Provided data below:

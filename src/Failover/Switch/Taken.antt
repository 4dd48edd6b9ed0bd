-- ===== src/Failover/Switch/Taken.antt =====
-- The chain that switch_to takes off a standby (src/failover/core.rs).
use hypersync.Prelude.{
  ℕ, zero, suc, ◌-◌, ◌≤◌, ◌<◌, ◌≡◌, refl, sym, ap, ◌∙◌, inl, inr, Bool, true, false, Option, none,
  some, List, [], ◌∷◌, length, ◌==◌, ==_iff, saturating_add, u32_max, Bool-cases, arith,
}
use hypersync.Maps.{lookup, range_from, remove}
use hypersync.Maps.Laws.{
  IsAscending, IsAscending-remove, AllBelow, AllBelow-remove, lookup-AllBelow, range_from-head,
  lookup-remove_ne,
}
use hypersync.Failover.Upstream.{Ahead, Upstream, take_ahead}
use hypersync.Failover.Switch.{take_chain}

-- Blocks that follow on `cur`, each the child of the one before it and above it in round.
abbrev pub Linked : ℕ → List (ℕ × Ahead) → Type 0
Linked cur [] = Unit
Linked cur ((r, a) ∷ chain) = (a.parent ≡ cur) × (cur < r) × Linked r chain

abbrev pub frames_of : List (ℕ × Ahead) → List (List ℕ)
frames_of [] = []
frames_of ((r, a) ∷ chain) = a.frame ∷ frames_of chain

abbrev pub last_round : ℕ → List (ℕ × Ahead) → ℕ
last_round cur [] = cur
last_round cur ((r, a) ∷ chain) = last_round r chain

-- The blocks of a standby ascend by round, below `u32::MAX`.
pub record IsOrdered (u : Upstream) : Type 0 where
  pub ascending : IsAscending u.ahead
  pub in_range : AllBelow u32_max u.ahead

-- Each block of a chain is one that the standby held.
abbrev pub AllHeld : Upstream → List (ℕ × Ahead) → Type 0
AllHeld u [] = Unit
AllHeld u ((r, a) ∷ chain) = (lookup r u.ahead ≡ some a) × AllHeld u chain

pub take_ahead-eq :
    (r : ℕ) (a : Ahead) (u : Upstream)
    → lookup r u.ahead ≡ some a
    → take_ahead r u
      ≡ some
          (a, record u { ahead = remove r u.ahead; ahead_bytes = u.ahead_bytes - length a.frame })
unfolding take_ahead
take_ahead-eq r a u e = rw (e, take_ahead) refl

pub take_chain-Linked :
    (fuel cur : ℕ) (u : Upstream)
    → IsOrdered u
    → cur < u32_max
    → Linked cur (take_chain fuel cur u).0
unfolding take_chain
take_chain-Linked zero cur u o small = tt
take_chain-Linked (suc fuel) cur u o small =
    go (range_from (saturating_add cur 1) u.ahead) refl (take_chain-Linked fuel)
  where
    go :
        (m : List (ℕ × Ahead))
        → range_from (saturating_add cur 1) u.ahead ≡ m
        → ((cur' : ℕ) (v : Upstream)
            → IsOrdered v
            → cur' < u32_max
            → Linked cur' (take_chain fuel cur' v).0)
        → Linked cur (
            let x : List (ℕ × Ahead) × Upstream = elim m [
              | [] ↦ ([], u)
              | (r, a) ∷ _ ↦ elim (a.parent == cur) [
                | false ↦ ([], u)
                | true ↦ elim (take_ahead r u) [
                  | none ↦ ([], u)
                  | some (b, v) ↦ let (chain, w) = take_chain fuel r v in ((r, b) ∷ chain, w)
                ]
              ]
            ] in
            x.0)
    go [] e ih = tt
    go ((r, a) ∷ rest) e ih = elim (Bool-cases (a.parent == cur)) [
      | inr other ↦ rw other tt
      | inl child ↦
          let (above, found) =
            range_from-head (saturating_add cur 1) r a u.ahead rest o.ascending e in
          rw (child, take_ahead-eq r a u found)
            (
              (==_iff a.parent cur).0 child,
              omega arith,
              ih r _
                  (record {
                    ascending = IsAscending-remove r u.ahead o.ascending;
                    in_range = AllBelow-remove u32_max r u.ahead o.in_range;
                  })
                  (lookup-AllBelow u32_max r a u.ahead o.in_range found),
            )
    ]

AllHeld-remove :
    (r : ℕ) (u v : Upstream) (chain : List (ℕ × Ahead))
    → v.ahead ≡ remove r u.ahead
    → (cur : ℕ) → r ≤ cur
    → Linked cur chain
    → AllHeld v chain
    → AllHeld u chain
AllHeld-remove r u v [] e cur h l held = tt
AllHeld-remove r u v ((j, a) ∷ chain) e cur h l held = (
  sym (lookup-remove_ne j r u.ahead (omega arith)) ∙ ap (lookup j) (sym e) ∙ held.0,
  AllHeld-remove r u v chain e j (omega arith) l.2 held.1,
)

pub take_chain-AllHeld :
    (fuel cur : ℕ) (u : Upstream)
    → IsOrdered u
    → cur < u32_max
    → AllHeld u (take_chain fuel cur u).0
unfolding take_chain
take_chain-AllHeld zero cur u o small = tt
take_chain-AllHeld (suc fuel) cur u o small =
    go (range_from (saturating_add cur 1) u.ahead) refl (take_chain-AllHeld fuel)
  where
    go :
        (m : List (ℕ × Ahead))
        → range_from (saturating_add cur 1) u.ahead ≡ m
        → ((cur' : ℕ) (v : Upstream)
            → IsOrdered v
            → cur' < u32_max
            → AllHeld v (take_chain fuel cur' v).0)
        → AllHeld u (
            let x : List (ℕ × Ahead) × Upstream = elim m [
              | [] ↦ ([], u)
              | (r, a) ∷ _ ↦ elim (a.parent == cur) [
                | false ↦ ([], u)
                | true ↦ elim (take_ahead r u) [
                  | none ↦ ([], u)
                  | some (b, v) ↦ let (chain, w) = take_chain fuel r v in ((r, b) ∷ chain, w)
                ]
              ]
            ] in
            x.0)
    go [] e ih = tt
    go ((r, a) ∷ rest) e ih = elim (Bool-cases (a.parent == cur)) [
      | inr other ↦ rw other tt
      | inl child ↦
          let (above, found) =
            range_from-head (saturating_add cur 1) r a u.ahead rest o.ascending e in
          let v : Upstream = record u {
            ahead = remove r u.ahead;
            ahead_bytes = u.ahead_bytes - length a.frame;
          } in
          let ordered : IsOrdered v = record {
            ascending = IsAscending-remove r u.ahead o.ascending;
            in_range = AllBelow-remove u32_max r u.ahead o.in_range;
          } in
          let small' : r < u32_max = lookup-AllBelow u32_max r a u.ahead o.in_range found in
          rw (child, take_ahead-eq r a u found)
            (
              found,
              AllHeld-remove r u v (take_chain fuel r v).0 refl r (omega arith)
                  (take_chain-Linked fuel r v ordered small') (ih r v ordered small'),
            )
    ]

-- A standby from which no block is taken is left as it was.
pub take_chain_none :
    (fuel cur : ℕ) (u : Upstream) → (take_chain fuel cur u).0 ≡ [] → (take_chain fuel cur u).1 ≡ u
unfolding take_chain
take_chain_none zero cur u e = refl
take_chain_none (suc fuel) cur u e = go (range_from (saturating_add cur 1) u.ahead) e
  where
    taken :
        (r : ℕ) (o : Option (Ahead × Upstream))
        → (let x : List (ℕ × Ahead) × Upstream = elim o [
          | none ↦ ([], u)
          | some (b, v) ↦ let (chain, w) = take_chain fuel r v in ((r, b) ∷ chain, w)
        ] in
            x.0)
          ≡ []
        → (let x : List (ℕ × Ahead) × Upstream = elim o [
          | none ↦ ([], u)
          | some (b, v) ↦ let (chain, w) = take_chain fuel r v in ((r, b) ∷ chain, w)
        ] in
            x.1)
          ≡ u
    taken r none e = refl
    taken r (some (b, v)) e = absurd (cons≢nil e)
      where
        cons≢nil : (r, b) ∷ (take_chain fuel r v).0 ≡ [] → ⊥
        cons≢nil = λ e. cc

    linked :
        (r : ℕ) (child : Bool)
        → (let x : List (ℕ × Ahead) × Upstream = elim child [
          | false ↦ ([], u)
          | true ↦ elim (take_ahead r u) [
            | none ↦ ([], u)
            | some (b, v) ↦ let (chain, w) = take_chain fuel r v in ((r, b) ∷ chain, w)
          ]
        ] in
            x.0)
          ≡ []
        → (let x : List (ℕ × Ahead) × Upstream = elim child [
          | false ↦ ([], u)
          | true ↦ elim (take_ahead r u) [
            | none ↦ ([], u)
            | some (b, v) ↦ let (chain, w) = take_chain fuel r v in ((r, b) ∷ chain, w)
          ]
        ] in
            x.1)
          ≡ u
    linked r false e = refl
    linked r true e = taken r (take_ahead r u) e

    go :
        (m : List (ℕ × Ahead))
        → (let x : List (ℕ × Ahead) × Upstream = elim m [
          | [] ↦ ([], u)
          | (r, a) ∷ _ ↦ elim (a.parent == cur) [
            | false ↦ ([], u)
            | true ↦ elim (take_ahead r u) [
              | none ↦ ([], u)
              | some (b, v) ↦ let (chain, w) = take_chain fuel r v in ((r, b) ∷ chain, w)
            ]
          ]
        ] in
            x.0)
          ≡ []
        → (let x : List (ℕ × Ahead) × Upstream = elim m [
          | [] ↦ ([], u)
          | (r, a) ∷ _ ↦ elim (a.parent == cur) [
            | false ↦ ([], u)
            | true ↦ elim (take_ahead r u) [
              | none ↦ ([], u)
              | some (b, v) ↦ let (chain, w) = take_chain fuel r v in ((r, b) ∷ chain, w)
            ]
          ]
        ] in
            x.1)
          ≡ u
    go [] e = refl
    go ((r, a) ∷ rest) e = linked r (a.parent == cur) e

End of Provided data.
Provided data below:

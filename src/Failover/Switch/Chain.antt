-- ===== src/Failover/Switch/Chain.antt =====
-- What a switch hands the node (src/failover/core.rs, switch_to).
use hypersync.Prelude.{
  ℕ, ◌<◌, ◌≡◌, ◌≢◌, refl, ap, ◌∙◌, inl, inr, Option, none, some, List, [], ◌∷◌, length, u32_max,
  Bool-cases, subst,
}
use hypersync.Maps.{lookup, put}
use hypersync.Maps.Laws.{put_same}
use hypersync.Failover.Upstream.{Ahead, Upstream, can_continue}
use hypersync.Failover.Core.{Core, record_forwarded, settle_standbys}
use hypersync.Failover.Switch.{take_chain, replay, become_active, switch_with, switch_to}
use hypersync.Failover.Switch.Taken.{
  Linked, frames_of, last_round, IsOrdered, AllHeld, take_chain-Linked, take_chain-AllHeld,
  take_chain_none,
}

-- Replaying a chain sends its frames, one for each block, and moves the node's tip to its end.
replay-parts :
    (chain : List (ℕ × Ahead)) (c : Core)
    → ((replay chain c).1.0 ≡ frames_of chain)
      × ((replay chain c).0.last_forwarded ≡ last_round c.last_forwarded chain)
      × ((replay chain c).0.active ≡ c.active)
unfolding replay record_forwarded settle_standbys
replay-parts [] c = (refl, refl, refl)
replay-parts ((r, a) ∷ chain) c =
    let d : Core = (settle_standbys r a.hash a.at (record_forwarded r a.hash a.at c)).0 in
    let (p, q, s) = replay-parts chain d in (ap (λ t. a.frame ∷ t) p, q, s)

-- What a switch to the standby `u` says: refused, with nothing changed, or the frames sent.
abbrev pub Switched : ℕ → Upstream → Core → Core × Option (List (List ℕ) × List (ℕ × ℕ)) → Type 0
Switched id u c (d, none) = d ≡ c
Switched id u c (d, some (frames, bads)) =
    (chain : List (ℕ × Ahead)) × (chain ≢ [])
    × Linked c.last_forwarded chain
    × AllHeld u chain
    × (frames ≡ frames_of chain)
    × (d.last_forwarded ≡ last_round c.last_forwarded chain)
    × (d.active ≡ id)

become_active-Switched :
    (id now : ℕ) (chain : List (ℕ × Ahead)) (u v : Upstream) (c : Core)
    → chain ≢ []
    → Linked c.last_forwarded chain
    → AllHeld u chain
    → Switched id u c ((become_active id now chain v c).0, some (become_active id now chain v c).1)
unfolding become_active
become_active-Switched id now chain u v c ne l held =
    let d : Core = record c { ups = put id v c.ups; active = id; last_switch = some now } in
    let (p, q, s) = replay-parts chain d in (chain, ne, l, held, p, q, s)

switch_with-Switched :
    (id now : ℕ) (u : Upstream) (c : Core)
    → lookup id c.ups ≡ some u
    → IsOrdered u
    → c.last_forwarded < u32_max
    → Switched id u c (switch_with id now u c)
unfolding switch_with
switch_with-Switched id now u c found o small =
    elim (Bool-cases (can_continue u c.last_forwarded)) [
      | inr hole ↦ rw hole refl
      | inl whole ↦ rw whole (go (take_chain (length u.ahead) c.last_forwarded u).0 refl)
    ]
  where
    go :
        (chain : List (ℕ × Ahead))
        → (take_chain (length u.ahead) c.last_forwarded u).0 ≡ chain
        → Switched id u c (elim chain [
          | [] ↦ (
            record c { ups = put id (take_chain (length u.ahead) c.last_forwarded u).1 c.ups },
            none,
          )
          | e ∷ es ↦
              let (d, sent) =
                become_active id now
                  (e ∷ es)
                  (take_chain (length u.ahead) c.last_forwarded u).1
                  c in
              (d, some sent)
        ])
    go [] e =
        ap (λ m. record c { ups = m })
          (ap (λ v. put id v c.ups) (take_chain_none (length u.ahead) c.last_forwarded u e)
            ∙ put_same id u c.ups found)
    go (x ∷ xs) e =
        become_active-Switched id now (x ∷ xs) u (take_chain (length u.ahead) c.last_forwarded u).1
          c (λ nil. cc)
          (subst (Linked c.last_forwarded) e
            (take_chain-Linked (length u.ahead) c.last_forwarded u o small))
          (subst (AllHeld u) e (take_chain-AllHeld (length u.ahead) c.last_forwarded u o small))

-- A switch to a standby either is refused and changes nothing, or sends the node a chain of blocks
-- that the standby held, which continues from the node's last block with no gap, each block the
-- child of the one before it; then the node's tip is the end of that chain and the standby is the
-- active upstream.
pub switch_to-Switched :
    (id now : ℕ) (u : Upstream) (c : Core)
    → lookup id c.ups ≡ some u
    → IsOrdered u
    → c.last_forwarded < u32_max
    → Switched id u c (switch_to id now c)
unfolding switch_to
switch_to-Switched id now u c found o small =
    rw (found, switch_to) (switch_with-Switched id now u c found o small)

End of Provided data.
Provided data below:

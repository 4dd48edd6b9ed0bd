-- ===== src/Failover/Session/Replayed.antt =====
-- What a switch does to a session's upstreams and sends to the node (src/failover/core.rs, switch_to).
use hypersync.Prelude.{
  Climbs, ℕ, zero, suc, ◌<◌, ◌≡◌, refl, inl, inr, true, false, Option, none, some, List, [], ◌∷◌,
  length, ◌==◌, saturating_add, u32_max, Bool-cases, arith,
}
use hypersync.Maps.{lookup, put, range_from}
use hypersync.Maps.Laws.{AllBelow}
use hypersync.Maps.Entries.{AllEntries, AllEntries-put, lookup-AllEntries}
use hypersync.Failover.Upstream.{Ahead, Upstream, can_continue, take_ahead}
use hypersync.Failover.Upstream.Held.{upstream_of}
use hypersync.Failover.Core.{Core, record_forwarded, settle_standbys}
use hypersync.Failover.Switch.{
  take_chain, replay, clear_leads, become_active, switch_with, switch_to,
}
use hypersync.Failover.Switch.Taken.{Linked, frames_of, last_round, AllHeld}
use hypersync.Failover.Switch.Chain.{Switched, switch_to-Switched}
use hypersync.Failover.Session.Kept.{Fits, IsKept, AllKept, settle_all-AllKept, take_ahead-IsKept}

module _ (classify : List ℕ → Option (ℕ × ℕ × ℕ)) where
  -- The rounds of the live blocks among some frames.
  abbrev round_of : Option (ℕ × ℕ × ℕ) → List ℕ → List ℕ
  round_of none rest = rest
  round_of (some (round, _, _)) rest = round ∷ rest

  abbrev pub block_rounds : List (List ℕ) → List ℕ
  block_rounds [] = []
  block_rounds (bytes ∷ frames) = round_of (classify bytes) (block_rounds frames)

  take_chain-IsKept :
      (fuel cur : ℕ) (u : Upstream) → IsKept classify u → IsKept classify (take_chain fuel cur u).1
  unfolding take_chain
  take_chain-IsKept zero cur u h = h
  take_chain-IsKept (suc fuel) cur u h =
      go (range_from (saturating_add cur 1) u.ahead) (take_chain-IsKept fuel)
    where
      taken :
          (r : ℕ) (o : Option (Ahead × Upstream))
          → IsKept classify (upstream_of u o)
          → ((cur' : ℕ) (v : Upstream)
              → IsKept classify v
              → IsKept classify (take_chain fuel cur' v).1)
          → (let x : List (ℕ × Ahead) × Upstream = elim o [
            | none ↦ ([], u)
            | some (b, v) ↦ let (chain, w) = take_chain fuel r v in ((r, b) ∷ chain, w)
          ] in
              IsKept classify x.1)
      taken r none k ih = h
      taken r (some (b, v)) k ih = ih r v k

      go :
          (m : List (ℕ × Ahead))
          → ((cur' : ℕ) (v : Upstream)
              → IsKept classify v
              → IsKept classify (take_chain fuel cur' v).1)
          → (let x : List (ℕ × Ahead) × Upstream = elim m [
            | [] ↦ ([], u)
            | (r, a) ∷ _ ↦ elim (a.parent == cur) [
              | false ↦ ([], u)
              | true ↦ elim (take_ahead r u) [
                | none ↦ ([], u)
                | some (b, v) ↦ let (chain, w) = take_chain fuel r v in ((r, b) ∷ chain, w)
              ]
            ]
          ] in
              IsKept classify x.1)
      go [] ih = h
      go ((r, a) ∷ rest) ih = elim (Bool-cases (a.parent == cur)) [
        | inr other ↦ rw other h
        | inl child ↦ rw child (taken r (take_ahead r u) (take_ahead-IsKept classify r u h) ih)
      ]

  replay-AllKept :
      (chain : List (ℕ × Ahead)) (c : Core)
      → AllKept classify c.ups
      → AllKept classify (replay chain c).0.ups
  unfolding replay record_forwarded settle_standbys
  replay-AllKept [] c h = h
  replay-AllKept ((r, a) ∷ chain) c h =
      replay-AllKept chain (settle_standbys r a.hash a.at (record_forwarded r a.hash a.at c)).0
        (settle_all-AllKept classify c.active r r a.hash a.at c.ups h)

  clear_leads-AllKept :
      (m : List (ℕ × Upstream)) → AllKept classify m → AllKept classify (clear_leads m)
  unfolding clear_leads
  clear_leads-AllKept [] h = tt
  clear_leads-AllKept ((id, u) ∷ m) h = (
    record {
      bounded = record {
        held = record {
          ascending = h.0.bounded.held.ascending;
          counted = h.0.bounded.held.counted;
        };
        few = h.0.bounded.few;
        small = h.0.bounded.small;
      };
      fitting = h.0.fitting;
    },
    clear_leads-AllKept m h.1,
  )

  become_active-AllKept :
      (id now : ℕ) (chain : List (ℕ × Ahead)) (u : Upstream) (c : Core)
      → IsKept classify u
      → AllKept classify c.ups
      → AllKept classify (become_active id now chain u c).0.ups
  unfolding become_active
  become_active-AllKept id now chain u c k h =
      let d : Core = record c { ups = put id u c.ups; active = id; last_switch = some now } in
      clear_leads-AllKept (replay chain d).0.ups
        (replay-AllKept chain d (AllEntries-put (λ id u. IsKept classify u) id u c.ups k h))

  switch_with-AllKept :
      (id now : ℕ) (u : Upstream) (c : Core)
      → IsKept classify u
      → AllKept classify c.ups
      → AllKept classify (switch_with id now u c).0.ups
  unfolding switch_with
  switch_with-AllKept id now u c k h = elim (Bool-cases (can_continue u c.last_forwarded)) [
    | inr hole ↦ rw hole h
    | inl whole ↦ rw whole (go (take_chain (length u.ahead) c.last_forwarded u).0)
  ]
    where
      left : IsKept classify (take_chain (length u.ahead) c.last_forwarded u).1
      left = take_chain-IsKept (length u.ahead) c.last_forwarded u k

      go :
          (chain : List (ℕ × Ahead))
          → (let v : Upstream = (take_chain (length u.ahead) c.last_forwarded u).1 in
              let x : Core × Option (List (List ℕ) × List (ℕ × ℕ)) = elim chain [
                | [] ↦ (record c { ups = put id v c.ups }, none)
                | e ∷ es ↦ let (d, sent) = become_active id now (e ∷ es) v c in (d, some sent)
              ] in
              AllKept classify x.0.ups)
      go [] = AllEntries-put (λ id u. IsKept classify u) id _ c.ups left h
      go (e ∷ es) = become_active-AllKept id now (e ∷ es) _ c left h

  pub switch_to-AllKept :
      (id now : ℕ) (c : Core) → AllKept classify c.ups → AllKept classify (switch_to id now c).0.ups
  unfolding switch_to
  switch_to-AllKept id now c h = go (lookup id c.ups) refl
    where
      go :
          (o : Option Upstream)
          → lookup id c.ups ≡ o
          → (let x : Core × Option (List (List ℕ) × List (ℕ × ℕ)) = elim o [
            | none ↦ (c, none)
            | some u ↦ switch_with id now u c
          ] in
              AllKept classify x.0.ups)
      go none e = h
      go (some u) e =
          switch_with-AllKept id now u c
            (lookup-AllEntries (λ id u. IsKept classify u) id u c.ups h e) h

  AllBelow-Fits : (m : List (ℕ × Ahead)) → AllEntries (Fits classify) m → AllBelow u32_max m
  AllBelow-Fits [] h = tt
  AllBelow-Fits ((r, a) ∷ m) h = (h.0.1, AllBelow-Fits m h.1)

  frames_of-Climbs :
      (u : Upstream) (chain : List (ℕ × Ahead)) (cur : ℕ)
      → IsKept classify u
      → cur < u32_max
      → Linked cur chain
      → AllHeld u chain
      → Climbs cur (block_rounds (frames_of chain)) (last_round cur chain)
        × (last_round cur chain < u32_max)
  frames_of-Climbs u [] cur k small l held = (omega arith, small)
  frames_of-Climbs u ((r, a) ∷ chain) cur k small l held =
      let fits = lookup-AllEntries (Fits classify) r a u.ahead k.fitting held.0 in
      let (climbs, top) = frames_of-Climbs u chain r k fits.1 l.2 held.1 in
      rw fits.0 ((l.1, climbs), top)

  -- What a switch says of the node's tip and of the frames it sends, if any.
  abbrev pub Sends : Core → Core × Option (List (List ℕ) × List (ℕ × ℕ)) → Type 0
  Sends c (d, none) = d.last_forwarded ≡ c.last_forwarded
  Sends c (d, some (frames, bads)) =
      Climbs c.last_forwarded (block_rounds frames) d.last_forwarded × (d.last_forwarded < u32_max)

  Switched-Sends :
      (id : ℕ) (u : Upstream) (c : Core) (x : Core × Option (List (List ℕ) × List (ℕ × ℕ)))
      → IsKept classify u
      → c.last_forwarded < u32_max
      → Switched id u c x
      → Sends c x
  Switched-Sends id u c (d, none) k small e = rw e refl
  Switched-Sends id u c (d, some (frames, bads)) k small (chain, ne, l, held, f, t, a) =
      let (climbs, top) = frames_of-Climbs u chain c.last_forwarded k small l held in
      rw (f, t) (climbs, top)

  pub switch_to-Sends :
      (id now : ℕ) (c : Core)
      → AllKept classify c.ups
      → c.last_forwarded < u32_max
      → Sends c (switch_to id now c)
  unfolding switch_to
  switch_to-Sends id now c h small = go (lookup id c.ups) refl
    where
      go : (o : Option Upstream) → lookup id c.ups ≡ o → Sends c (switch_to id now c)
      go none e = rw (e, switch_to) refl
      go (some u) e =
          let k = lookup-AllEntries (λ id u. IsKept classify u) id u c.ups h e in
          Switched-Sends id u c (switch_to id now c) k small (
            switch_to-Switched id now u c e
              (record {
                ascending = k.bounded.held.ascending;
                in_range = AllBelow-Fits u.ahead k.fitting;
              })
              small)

End of Provided data.

▶ **Work instructions**: What is the number of lines in these entries that hold "nothing"? Reply with the figure alone.

▶ **Result for this task**: 2